Segment Start: Data shown

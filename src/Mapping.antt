-- ===== src/Mapping.antt =====
-- kernel/src/memm/mod.rs: mapping memory. Page tables are read and written at their physical
-- addresses, which the kernel maps at an offset. A panic is `none`.
pub mod Offset
pub mod Examples
use tauos.Base.{
  ℕ, zero, suc, ◌+◌, ◌-◌, ◌*◌, ◌^◌, bit_and, bit_or, Bool, true, false, Option, some, none, ◌==◌,
  ◌!=◌, ◌&&◌, ◌||◌, ltb, leb, if◌then◌else◌,
}
use tauos.Base.Partial.{◌>>=◌}
use tauos.Bits.{add64, sub64, not64, signed_lt}
use tauos.Talloc.{State, Layout}
use tauos.Talloc.Alloc.{done, alloc_error, out_of_fuel, OomHandler, alloc}
use tauos.Paging.{
  Pte, pte_pat, pte_pat_ps, from_paddr, get_paddr, from_pat, page_size, table_index, PatType,
  uncacheable, write_combining, write_through, write_protect, write_back, uncacheable_minus, Types,
  Pat,
}

-- `PHYS_LADDR_OFFSET`, in two's complement
abbrev pub phys_laddr_offset : ℕ
phys_laddr_offset = 2 ^ 64 - 2 ^ 47

-- `from_phys_addr!`
unfoldable pub from_phys_addr : ℕ → ℕ
from_phys_addr paddr = add64 paddr phys_laddr_offset

-- `to_phys_addr!`
unfoldable pub to_phys_addr : ℕ → ℕ
to_phys_addr laddr = sub64 laddr phys_laddr_offset

abbrev pub krnl_default_pat : Pat
krnl_default_pat = record {
  std_types = record {
    t0 = write_back;
    t1 = write_through;
    t2 = uncacheable_minus;
    t3 = uncacheable;
  };
  pat_types = record {
    t0 = write_combining;
    t1 = write_protect;
    t2 = uncacheable_minus;
    t3 = uncacheable_minus;
  };
}

-- The index of a type in the default table.
abbrev pub pat_type_index : PatType → ℕ
pat_type_index uncacheable = 3
pat_type_index write_combining = 4
pat_type_index write_through = 1
pat_type_index write_protect = 5
pat_type_index write_back = 0
pat_type_index uncacheable_minus = 2

unfoldable pub pat_type_to_pte : PatType → Bool → Pte
pat_type_to_pte pat_type is_hpage = from_pat (pat_type_index pat_type) is_hpage

abbrev pub pte_p : Pte
pte_p = 2 ^ 0

abbrev pub pte_ps : Pte
pte_ps = 2 ^ 7

-- `entry.contains(flag)`
abbrev pub has_flag : Pte → Pte → Bool
has_flag entry flag = bit_and entry flag == flag

-- The entries of all tables, by their physical addresses.
abbrev pub Tables : Type 0
Tables = ℕ → Pte

abbrev pub set_entry : Tables → ℕ → Pte → Tables
set_entry tables a entry b = if b == a then entry else tables b

-- `write_bytes(0, 512)` on a table
abbrev pub clear_table : Tables → ℕ → Tables
clear_table tables page a = if leb page a && ltb a (page + 4096) then 0 else tables a

-- `map_offset`'s loop ends by itself after the last entry of the table.
abbrev pub pt_lvl : ℕ
pt_lvl = 1

-- A leaf: whether the rest of the span fills a page of the level.
unfoldable pub is_leaf : (lvl base acme place : ℕ) → Bool
is_leaf lvl base acme place =
    let ps_aligned = bit_and place (page_size lvl - 1) == 0 in
    let remaining = add64 (sub64 acme base) (4096 - 1) in
    (lvl == pt_lvl) || (leb (page_size lvl) remaining && ps_aligned && ltb lvl 4)

-- The entry of a leaf, with the flag for its page size.
unfoldable pub leaf_entry : (lvl : ℕ) → (leaves : Pte) → (paddr : ℕ) → Option Pte
leaf_entry lvl leaves paddr = do
  address ← from_paddr paddr
  let entry = bit_or (bit_or pte_p address) leaves
  some (
      if lvl != pt_lvl
      then (if has_flag entry pte_pat then bit_or entry pte_pat_ps else bit_or entry pte_ps)
      else entry)

module _ {S : Type 0} (page_getter : ℕ → S → Option (ℕ × S)) (branches leaves : Pte) where
  -- The lower table behind an entry, which is made if there is none.
  unfoldable pub branch : (pte_addr : ℕ) → Tables → S → Option (ℕ × (Tables × S))
  branch pte_addr tables s = elim (has_flag (tables pte_addr) pte_p) [
    | true ↦ some (get_paddr (tables pte_addr), (tables, s))
    | false ↦ do
      page ← page_getter 4096 s
      address ← from_paddr page.0
      let entry = bit_or (bit_or pte_p address) branches
      some (get_paddr entry, (set_entry (clear_table tables page.0) pte_addr entry, page.1))
  ]

  -- The entry for `base`: a leaf, or what `lower` does with the table below.
  unfoldable pub map_entry :
      (lower : (base table : ℕ) → Tables → S → Option (Tables × S))
      → (lvl acme base table : ℕ) → Tables
      → S
      → Option (Tables × S)
  map_entry lower lvl acme base table tables s =
      let pte_addr = table + 8 * table_index base lvl in
      elim (is_leaf lvl base acme base) [
        | true ↦ do
          page ← page_getter (page_size lvl) s
          entry ← leaf_entry lvl leaves page.0
          some (set_entry tables pte_addr entry, page.1)
        | false ↦ do below ← branch pte_addr tables s; lower base below.0 below.1.0 below.1.1
      ]

  -- `while base < acme`, for as many entries as the table has left.
  unfoldable pub map_entries :
      (lower : (base table : ℕ) → Tables → S → Option (Tables × S))
      → (fuel lvl acme base table : ℕ) → Tables
      → S
      → Option (Tables × S)
  map_entries lower zero lvl acme base table tables s = some (tables, s)
  map_entries lower (suc fuel) lvl acme base table tables s = elim (signed_lt base acme) [
    | true ↦ do
      mapped ← map_entry lower lvl acme base table tables s
      elim (table_index base lvl == 511) [
        | true ↦ some mapped
        | false ↦
            map_entries lower fuel lvl acme (add64 base (page_size lvl)) table mapped.0 mapped.1
      ]
    | false ↦ some (tables, s)
  ]

  unfoldable pub map_offset : (lvl acme base table : ℕ) → Tables → S → Option (Tables × S)
  map_offset zero acme base table tables s = none
  map_offset (suc below) acme base table tables s = elim (leb (suc below) 4) [
    | true ↦ map_entries (map_offset below acme) 512 (suc below) acme base table tables s
    | false ↦ none
  ]

-- `mapper_oom_handler`
abbrev pub mapper_oom_handler : OomHandler
mapper_oom_handler s layout = (s, false)

-- `Mapper::alloc_phys`. The handler always fails, so one round of each loop is enough.
unfoldable pub alloc_phys : ℕ → State → Option (ℕ × State)
alloc_phys size s = elim (alloc mapper_oom_handler 1 s (record { size = size; align = size })) [
  | done s' ptr ↦ some (to_phys_addr ptr, s')
  | alloc_error s' ↦ none
  | out_of_fuel ↦ none
]

-- `Mapping`
pub record Mapped : Type 0 where
  pub base : ℕ
  pub acme : ℕ
  pub pml4 : ℕ

-- `x & !(PTE_SIZE - 1)`
abbrev pub page_floor : ℕ → ℕ
page_floor x = bit_and x (not64 (4096 - 1))

-- `Mapper::map`, on the physical address of the table.
unfoldable pub map_span :
    (base size : ℕ) (branches leaves : Pte) (pml4 : ℕ)
    → Tables
    → State
    → Option (Mapped × (Tables × State))
map_span base size branches leaves pml4 tables s =
    if size != 0
    then (do
      let first = page_floor base
      let acme = add64 first (page_floor (sub64 (add64 size 4096) 1))
      mapped ← map_offset alloc_phys branches leaves 4 acme first pml4 tables s
      some (record { base = first; acme = acme; pml4 = pml4 }, mapped))
    else none

-- `get_entry_offset` from the table `entry_ptr`, `n` levels above the one that is asked for. As in the
-- code, the index at each level is that of the table's own address.
unfoldable pub walk_tables : (n lvl laddr entry_ptr : ℕ) → Tables → ℕ
walk_tables zero lvl laddr entry_ptr tables = add64 entry_ptr (8 * table_index laddr lvl)
walk_tables (suc n) lvl laddr entry_ptr tables =
    let pte = tables (to_phys_addr (add64 entry_ptr (8 * table_index entry_ptr (lvl + suc n)))) in
    walk_tables n lvl laddr (from_phys_addr (get_paddr pte)) tables

unfoldable pub get_entry_offset : (laddr lvl pml4 : ℕ) → Tables → ℕ
get_entry_offset laddr lvl pml4 tables = walk_tables (4 - lvl) lvl laddr pml4 tables
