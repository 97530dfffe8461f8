-- ===== src/Paging/Indices.antt =====
-- `table_index`, `set_pml4_idx`, `page_size` and `table_of_entry`.
use tauos.Base.{
  ℕ, ◌+◌, ◌-◌, ◌*◌, ◌/◌, ◌%◌, ◌^◌, ◌≤◌, ◌<◌, bit_and, ◌≡◌, refl, sym, ◌∙◌, arith, ltb, Bool-cases,
  inl, inr,
}
use tauos.Bits.{modulus, not64, ◌<<◌}
use tauos.Bits.Masks.{and_low, and_not_low}
use tauos.Bits.Field.{asr, and_field, and_complement, or_and, and_apart}
use tauos.Paging.{table_index, set_pml4_idx, table_of_entry, pml4_idx_mask}

asr_field :
    (a k c : ℕ)
    → modulus - 2 ^ (64 - k % 64) ≡ 512 * c
    → bit_and (asr a k) 511 ≡ a / 2 ^ (k % 64) % 512
asr_field a k c e = elim (Bool-cases (ltb a (2 ^ 63))) [
  | inl low ↦ rw low (and_low 9 (a / 2 ^ (k % 64)))
  | inr high ↦ rw (high, e) (and_low 9 (a / 2 ^ (k % 64) + 512 * c) ∙ omega arith)
]

pub index_1 : (a : ℕ) → table_index a 1 ≡ a / 2 ^ 12 % 512
unfolding table_index
index_1 a = asr_field a 12 ((modulus - 2 ^ 52) / 512) refl

pub index_2 : (a : ℕ) → table_index a 2 ≡ a / 2 ^ 21 % 512
unfolding table_index
index_2 a = asr_field a 21 ((modulus - 2 ^ 43) / 512) refl

pub index_3 : (a : ℕ) → table_index a 3 ≡ a / 2 ^ 30 % 512
unfolding table_index
index_3 a = asr_field a 30 ((modulus - 2 ^ 34) / 512) refl

pub index_4 : (a : ℕ) → table_index a 4 ≡ a / 2 ^ 39 % 512
unfolding table_index
index_4 a = asr_field a 39 ((modulus - 2 ^ 25) / 512) refl

-- Two addresses of the lower half of the address space with the same table_index at each of the
-- four levels lie in the same page.
pub table_index_unique :
    (a b : ℕ)
    → a < 2 ^ 47
    → b < 2 ^ 47
    → table_index a 4 ≡ table_index b 4
    → table_index a 3 ≡ table_index b 3
    → table_index a 2 ≡ table_index b 2
    → table_index a 1 ≡ table_index b 1
    → a / 2 ^ 12 ≡ b / 2 ^ 12
table_index_unique a b p q e4 e3 e2 e1 = omega (
  arith,
  sym (index_4 a) ∙ e4 ∙ index_4 b,
  sym (index_3 a) ∙ e3 ∙ index_3 b,
  sym (index_2 a) ∙ e2 ∙ index_2 b,
  sym (index_1 a) ∙ e1 ∙ index_1 b,
)

set_pml4_idx-fields :
    (a g : ℕ) → a < modulus → set_pml4_idx a g ≡ a / 2 ^ 48 * 2 ^ 48 + g % 512 * 2 ^ 39 + a % 2 ^ 39
unfolding set_pml4_idx
set_pml4_idx-fields a g l =
    let kept = and_complement 64 a pml4_idx_mask l (omega arith) in
    let field = and_field 39 9 a in
    let new_field = and_field 39 9 (g << 39) in
    let apart = and_apart pml4_idx_mask a (g << 39) (omega arith) l in
    let sum =
      or_and 64 (bit_and a (not64 pml4_idx_mask)) (bit_and (g << 39) pml4_idx_mask)
        (omega (arith, kept)) (omega (arith, new_field)) in
    omega (arith, kept, field, new_field, apart, sum)

-- For a 64-bit address, set_pml4_idx gives the address whose index at level 4 is the new index
-- modulo 512; the indices at the other levels, the offset in the page and the bits from 48 on are
-- those of the old address.
pub set_pml4_idx-index :
    (a g : ℕ)
    → a < modulus
    → ((table_index (set_pml4_idx a g) 4 ≡ g % 512)
        × (table_index (set_pml4_idx a g) 3 ≡ table_index a 3))
      × (((table_index (set_pml4_idx a g) 2 ≡ table_index a 2)
            × (table_index (set_pml4_idx a g) 1 ≡ table_index a 1))
          × ((set_pml4_idx a g % 2 ^ 12 ≡ a % 2 ^ 12) × (set_pml4_idx a g / 2 ^ 48 ≡ a / 2 ^ 48)))
set_pml4_idx-index a g l =
    let e = set_pml4_idx-fields a g l in
    let b = set_pml4_idx a g in
    (
      (index_4 b ∙ omega (arith, e), index_3 b ∙ omega (arith, e) ∙ sym (index_3 a)),
      (
        (
          index_2 b ∙ omega (arith, e) ∙ sym (index_2 a),
          index_1 b ∙ omega (arith, e) ∙ sym (index_1 a),
        ),
        (omega (arith, e), omega (arith, e)),
      ),
    )

-- For a 64-bit address of an entry, table_of_entry gives a page-aligned table whose 512 entries of
-- 8 bytes include that address.
pub table_of_entry-table :
    (a : ℕ)
    → a < modulus
    → ((table_of_entry a).0 % 2 ^ 12 ≡ 0)
      × (((table_of_entry a).0 ≤ a) × (a < (table_of_entry a).0 + 8 * (table_of_entry a).1))
unfolding table_of_entry
table_of_entry-table a l =
    let down = and_not_low 12 a (omega arith) l in
    (omega (arith, down), (omega (arith, down), omega (arith, down)))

Segment End: Data shown

Reproduce all lines from the records above that include the word "modulus".

use tauos.Bits.{modulus, not64, ◌<<◌}
    → modulus - 2 ^ (64 - k % 64) ≡ 512 * c
index_1 a = asr_field a 12 ((modulus - 2 ^ 52) / 512) refl
index_2 a = asr_field a 21 ((modulus - 2 ^ 43) / 512) refl
index_3 a = asr_field a 30 ((modulus - 2 ^ 34) / 512) refl
index_4 a = asr_field a 39 ((modulus - 2 ^ 25) / 512) refl
    (a g : ℕ) → a < modulus → set_pml4_idx a g ≡ a / 2 ^ 48 * 2 ^ 48 + g % 512 * 2 ^ 39 + a % 2 ^ 39
    → a < modulus
    → a < modulus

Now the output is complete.